Backstory:
According to the vet, Tabs has probably had PKD (polycystic kidney disease) all her life (they are normally born with it) but since all her blood tests during earlier years showed normal kidney readings, no ultrasound was done. It was only in December 2023 that a routine blood test suddenly showed elevated an creatinine reading. The ultrasound showed the presence of many cysts in both kidneys, more on the left. It was only then that we discovered Tabs had PCKD (by now, polycystic chronic kidney disease). PKD would not display signs in the early years but would eventually progress to PCKD and it will show up in the kidney readings. Even if we had known that Tabs had PKD, there was absolutely nothing we could have done to reverse it. It is a terminal condition.
PKD is more prevalent in pedigree or mixed pedigree cats, but our vet has seen it in local cats too. Tabs has some British shorthair in her. She came on her own wearing a red collar to adopt us in December 2011. She is estimated to be 15 years old now.
Today:
So I had been feeling so nervous about Tabs’ follow-up today. I kept waking up last night, worrying. I know worrying doesn’t help, but it’s easier said than done.
This morning, I braved myself and drove Tabs and Robin to the vet’s. Let’s face it together, come what may.
Every time I take Tabs to the vet, the vet will always remark what a good cat she is. Yes, Tabs is a very good cat.
First, the vet detected some flea dirt under Tabs’ chin (rubbed with a cotton pad and it was reddish – this shows the presence of flea dirt). So, Tabs needs Advocate spot-on for two months, but the vet says to use the one for below 4kg as it’s milder on the kidneys. Tabs weight is 4.2kg (more or less the same as last check-up in November 2024).
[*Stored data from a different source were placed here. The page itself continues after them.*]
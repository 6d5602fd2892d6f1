-- ===== src/Index/Updating.antt =====
-- Store.Rebuild, Store.Update and Store.Reconcile of store.go, over the inventory of a workspace. `w`
-- is the source as an operation first reads it, the run of a build holds it as the build reads it.
pub mod Outcomes
pub mod Refusing
pub mod Documents
pub mod Serving
pub mod Reconciling
pub mod Differences
use lctk.Prelude.{
  ℕ, zero, suc, ◌+◌, ◌*◌, ◌%◌, ◌^◌, Bool, true, false, not, ◌&&◌, ◌||◌, Option, none, some, List,
  [], ◌∷◌, ◌++◌, Text, text_eq, text_lt, ltb, ◌==◌, if◌then◌else◌, length, lookup, insert,
}
use lctk.Ignore.{list_sources}
use lctk.Inventory.{Candidate, inventory}
use lctk.Inventory.Tally.{tally}
use lctk.Index.{
  Limits, Files, State, Change, Code, index_not_ready, index_corrupt, invalid_pattern,
  invalid_cursor, limit_exceeded, internal_error, context_error, Result, ok, err, ◌>>=◌, ◌>>◌,
  unless, Reading, bytes, missing, unreadable, bulk, touches_ignore_rules, digest_at,
}
use lctk.Index.Batch.{Workspace, Batch, new_batch, apply_changes, not_retracted}
use lctk.Index.Building.{Store, BuildPlan, Run, Engine, Index, sort_names, resolve_current, build}

pub record InventoryResult : Type 0 where
  pub files : Files
  pub source_bytes : ℕ
  pub skipped_big : ℕ
  pub skipped_ignored : ℕ
  pub ignore_sources : List Text

pub record Applied : Type 0 where
  pub changed : ℕ
  pub unchanged : ℕ
  pub rebuilt : Bool
  pub generations : ℕ

abbrev pub nothing_applied : Applied
nothing_applied = record { changed = 0; unchanged = 0; rebuilt = false; generations = 0 }

-- What Update and Reconcile return, with the store they leave.
abbrev pub Outcome : Engine → Type 0
Outcome E = Result State × Applied × Index E

-- Generation is a uint64.
unfoldable pub next_generation : ℕ → ℕ
next_generation n = (n + 1) % 2 ^ 64

unfoldable pub total_size : List Candidate → ℕ
total_size [] = 0
total_size (c ∷ cs) = c.1 + total_size cs

-- The keys of a map.
unfoldable pub names : Files → List Text
names [] = []
names (f ∷ files) = f.0 ∷ names files

-- sort.Slice by the path.
unfoldable pub insert_change : Change → List Change → List Change
insert_change c [] = c ∷ []
insert_change c (d ∷ ds) = if text_lt d.path c.path then d ∷ insert_change c ds else c ∷ d ∷ ds

unfoldable pub sort_changes : List Change → List Change
unfolding insert_change
sort_changes [] = []
sort_changes (c ∷ cs) = insert_change c (sort_changes cs)

-- The two loops of Reconcile: over the inventory's files, and over the state's.
unfoldable pub writes : Files → Files → List Change
unfolding digest_at
writes indexed [] = []
writes indexed ((name, digest) ∷ files) =
    let rest = writes indexed files in
    if text_eq (digest_at name indexed) digest
    then rest
    else record { path = name; deleted = false; subtree = false } ∷ rest

unfoldable pub deletions : Files → Files → List Change
deletions listed [] = []
deletions listed ((name, digest) ∷ files) =
    let rest = deletions listed files in
    elim (lookup name listed) [
      | some d ↦ rest
      | none ↦ record { path = name; deleted = true; subtree = false } ∷ rest
    ]

unfoldable pub differences : Files → Files → List Change
unfolding writes deletions sort_changes
differences indexed listed = sort_changes (writes indexed listed ++ deletions listed indexed)

unfoldable pub file_count_of : Result State → ℕ
file_count_of (ok s) = s.file_count
file_count_of (err e) = 0

abbrev pub whole_build : ℕ → Applied
whole_build count = record { changed = count; unchanged = 0; rebuilt = true; generations = 1 }

module _ (digest_of : Text → Text) (w : Workspace) where
  unfoldable pub digest_answer : Text → Reading → Files → Result Files
  digest_answer name (bytes content) files = ok (insert name (digest_of content) files)
  digest_answer name missing files = err internal_error
  digest_answer name unreadable files = err internal_error

  -- The digests of the candidates, in the candidates' order.
  unfoldable pub digest_all : List Candidate → Files → Result Files
  unfolding digest_answer
  digest_all [] files = ok files
  digest_all ((name, size) ∷ cs) files = do
    files' ← digest_answer name (w.content name) files
    digest_all cs files'

  -- Store.inventory.
  unfoldable pub take_inventory : ℕ → Result InventoryResult
  unfolding digest_all total_size
  take_inventory max_bytes = do
    unless (not w.opens) internal_error
    w.walked
    let candidates = inventory w.ignore_lines max_bytes w.tree
    let t = tally w.ignore_lines max_bytes w.tree
    files ← digest_all candidates []
    ok (record {
      files = files;
      source_bytes = total_size candidates;
      skipped_big = t.skipped_big;
      skipped_ignored = t.skipped_ignored;
      ignore_sources = list_sources t.sources;
    })

unfoldable pub generation_of : Result (ℕ × State) → ℕ
generation_of (ok (n, s)) = s.generation
generation_of (err e) = 0

unfoldable pub rebuild_plan : ℕ → InventoryResult → BuildPlan
unfolding next_generation names
rebuild_plan previous i = record {
  generation = next_generation previous;
  full = true;
  previous = none;
  delta_depth = 0;
  files = i.files;
  skipped_big = i.skipped_big;
  ignored = i.skipped_ignored;
  sources = i.ignore_sources;
  source_bytes = i.source_bytes;
  add = sort_names (names i.files);
  tombstone = [];
}

unfoldable pub delta_plan : ℕ → State → Batch → BuildPlan
unfolding next_generation
delta_plan dir s b = record {
  generation = next_generation s.generation;
  full = false;
  previous = some dir;
  delta_depth = s.delta_depth + 1;
  files = b.files;
  skipped_big = s.skipped_big;
  ignored = s.skipped_ignored;
  sources = s.ignore_sources;
  source_bytes = s.source_bytes;
  add = sort_names b.add;
  tombstone = sort_names b.tombstone;
}

module _ (E : Engine) (digest_of : Text → Text) (limits : Limits) (r : Run E.Shards)
    (w : Workspace) where
  unfoldable pub rebuild_from : Result InventoryResult → Index E → Result State × Index E
  unfolding rebuild_plan generation_of
  rebuild_from (err e) st = (err e, st)
  rebuild_from (ok i) st = build E limits r (rebuild_plan (generation_of (resolve_current st)) i) st

  -- Store.Rebuild.
  unfoldable pub rebuild : Index E → Result State × Index E
  unfolding rebuild_from take_inventory
  rebuild st = rebuild_from (take_inventory digest_of w limits.max_file_bytes) st

  unfoldable pub escalated : Result State × Index E → Outcome E
  escalated (ok s, st) = (ok s, whole_build s.file_count, st)
  escalated (err e, st) = (err e, nothing_applied, st)

  -- rebuildFor.
  unfoldable pub rebuild_for : Index E → Outcome E
  unfolding escalated rebuild
  rebuild_for st = escalated (rebuild st)

  unfoldable pub changed_paths : Batch → ℕ
  unfolding not_retracted
  changed_paths b = length b.tombstone + not_retracted b.tombstone b.add

  unfoldable pub applied_delta : Batch → Result State × Index E → Outcome E
  unfolding changed_paths
  applied_delta b (err e, st) = (err e, nothing_applied, st)
  applied_delta b (ok s, st) = (
    ok s,
    record { changed = changed_paths b; unchanged = b.unchanged; rebuilt = false; generations = 1 },
    st,
  )

  -- Whether a batch is built as a whole.
  unfoldable pub escalates : State → Batch → Bool
  unfolding bulk changed_paths
  escalates s b =
      ltb limits.max_delta_generations (s.delta_depth + 1)
      || bulk limits (changed_paths b) s.file_count

  -- Update after its loop.
  unfoldable pub apply_batch : ℕ → State → Result Batch → Index E → Outcome E
  unfolding escalates delta_plan applied_delta rebuild_for
  apply_batch dir s (err e) st = (err e, nothing_applied, st)
  apply_batch dir s (ok b) st =
      if length b.add == 0 && length b.tombstone == 0
      then (ok s, record nothing_applied { unchanged = b.unchanged }, st)
      else if escalates s b
      then rebuild_for st
      else applied_delta b (build E limits r (delta_plan dir s b) st)

  unfoldable pub update_published : ℕ → State → List Change → Index E → Outcome E
  unfolding touches_ignore_rules apply_batch rebuild_for
  update_published dir s [] st = (ok s, nothing_applied, st)
  update_published dir s (c ∷ cs) st =
      if touches_ignore_rules (c ∷ cs)
      then rebuild_for st
      else if not w.opens
      then (err internal_error, nothing_applied, st)
      else apply_batch dir s
          (apply_changes digest_of limits.max_file_bytes w (c ∷ cs) (new_batch s.files)) st

  unfoldable pub first_build : Result State × Index E → Outcome E
  unfolding file_count_of
  first_build built = (built.0, whole_build (file_count_of built.0), built.1)

  unfoldable pub not_ready : Code → Bool
  not_ready index_not_ready = true
  not_ready index_corrupt = false
  not_ready invalid_pattern = false
  not_ready invalid_cursor = false
  not_ready limit_exceeded = false
  not_ready internal_error = false
  not_ready context_error = false

  unfoldable pub update_resolved : Result (ℕ × State) → List Change → Index E → Outcome E
  unfolding not_ready first_build rebuild update_published
  update_resolved (err e) cs st =
      if not_ready e then first_build (rebuild st) else (err e, nothing_applied, st)
  update_resolved (ok (dir, s)) cs st = update_published dir s cs st

  -- Store.Update.
  unfoldable pub update : List Change → Index E → Outcome E
  unfolding update_resolved
  update cs st = update_resolved (resolve_current st) cs st

  unfoldable pub reconcile_with : State → Result InventoryResult → Index E → Outcome E
  unfolding differences update
  reconcile_with s (err e) st = (err e, nothing_applied, st)
  reconcile_with s (ok i) st =
      let cs = differences s.files i.files in
      if length cs == 0 then (ok s, nothing_applied, st) else update cs st

  unfoldable pub reconcile_resolved : Result (ℕ × State) → Index E → Outcome E
  unfolding reconcile_with take_inventory rebuild_for not_ready
  reconcile_resolved (err e) st =
      if not_ready e then rebuild_for st else (err e, nothing_applied, st)
  reconcile_resolved (ok (dir, s)) st =
      reconcile_with s (take_inventory digest_of w limits.max_file_bytes) st

  -- Store.Reconcile.
  unfoldable pub reconcile : Index E → Outcome E
  unfolding reconcile_resolved
  reconcile st = reconcile_resolved (resolve_current st) st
Second, blood was drawn for the blood test.
Third, the ultrasound. Actually, the ultrasound showed pretty much the same as it did in December 2023 with larger cysts in the left kidney. The right kidney has multiple cysts but these were of a smaller size. The liver has big cysts, but the vet says to wait for the liver readings to see if any FNA to draw out the fluids is necessary.
The blood tests results were ready and we were all pleasantly surprised that Tabs’ SDMA and creatinine readings have remained the same as those in November 2024! Her SDMA is still 17 and her creatinine is 268 (previously, 260). Only her urea has increased quite a bit to 21.2 and her phosphate has increased a bit too, but it is still within the normal range. But Tabs’ PCV is 32% which is good.
Tabs’ liver readings are all normal so there was no necessity to extract the fluids from her liver. This means her liver function is good despite the presence of those large cysts. FNA in any organ is risky and should not be done unless it is absolutely necessary.
The vet checked Tabs’ proBNP too and the reading is 80.8% (previously 79.3% in December 2023), so that’s quite good. The vet also checked Tabs’ heart using ultrasound and it’s pretty much the same with slight enlargement of the left side, but generally good enough.
So, Tabs is to maintain all her kidney supplements, try to give her a kidney diet (as much as possible) and the only change would be the reduce the subcut from 150ml to 120-125ml each day. But if the pinch test shows dehydration, I would have to increase it back to 150ml. Besides her kidney supplements, Tabs is also on Fortekor and Amlodipine.
Tabs hasn’t really been on a 100% kidney diet too. She doesn’t quite like Hill’s canned KD, RC renal kibble or RC renal pouch, but I do my best to give her renal food whenever possible. The vet also agreed that Tabs would also want to have variety in her diet, and that’s okay too, she cannot be eating the same old thing every day. But I will try harder to give her more renal food. The canned food that I give her has no added salt (I already checked with the manufacturer on this).